Type 2 diabetes is commonly associated with obesity, but genetics can too influence a person’s risk, as can stress and family history.
A team from the University of North Carolina (UNC) at Chapel Hill’s Gillings School of Global Public Health report that the Transcription Factor-7 like 2 gene, also known as TCF7L2, was associated with type 2 diabetes regardless of body mass index (BMI).
TCF7L2 has previously been linked to type 2 diabetes, and researchers believe that people who have this gene variant, and are not considered overweight, could have an increased type 2 diabetes risk.
The study involved looking at health data of more than 9,000 Hispanic Latino adults, aged 21-76. The researchers took into account whether the participants had the TCF7L2 gene and noted their BMI.
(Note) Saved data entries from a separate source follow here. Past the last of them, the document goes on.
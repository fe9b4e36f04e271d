-- ===== src/Sessions/Final.antt =====
-- Transitions of a session that is over.
use dse_auto.Common.{ℕ, ◌≡◌, refl, true, false, String, arith, raise, value_error}
use dse_auto.Env.{Env}
use dse_auto.Sessions.{
  SessionState, PaperSession, SessionDb, is_over, transition_session, may_move, configured,
  warming_up, running, paused, degraded, reconciliation_required, stopped, completed, failed,
}

over-still : (a target : SessionState) → is_over a ≡ true → may_move a target ≡ false
over-still stopped target h = refl
over-still completed target h = refl
over-still failed target h = refl
over-still configured target h = absurd (ground arith)
over-still warming_up target h = absurd (ground arith)
over-still running target h = absurd (ground arith)
over-still paused target h = absurd (ground arith)
over-still degraded target h = absurd (ground arith)
over-still reconciliation_required target h = absurd (ground arith)

-- A session that is stopped, completed or failed is moved nowhere: every transition of it raises and
-- leaves the tables as they were.
pub transition_session-over :
    (env : Env) (now : ℕ) (session : PaperSession) (target : SessionState) (reason actor : String)
    (db : SessionDb)
    → is_over session.state ≡ true
    → transition_session env now session target reason actor db
      ≡ (raise (value_error "Invalid paper-session transition"), db)
unfolding transition_session
transition_session-over env now session target reason actor db h =
    rw (over-still session.state target h, transition_session) refl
There were significant increases in type 2 diabetes prevalence, independent of BMI, among those who possessed the gene. This association existed in both middle and late adulthood.
Senior author Professor Kari North said: “The counterintuitive discovery that some people are predisposed to both being thin and developing type 2 diabetes refocuses our attention on the need to collect data in diverse populations and across time.
“Hispanic Latinos are a diverse and understudied population, so this study is an important step forward for understanding their health risks.”
The findings are significant because at the moment, screenings for the gene are not carried out routinely by GPs. The research team believe their discovery shows that genetic information about the patient can help doctors tailor treatment for each individual.
Prof North added: “The other important takeaway from this study, which is especially timely now during National Hispanic Heritage Month, is that diverse populations, like Hispanics, who have ancestry from the Americas, Europe and Africa, are heterogeneous with distinct genetics.
“As we continue to develop initiatives around personalised medicine, we need to make sure that we are addressing the needs of all populations.”
The findings have been published in the BMC Obesity journal.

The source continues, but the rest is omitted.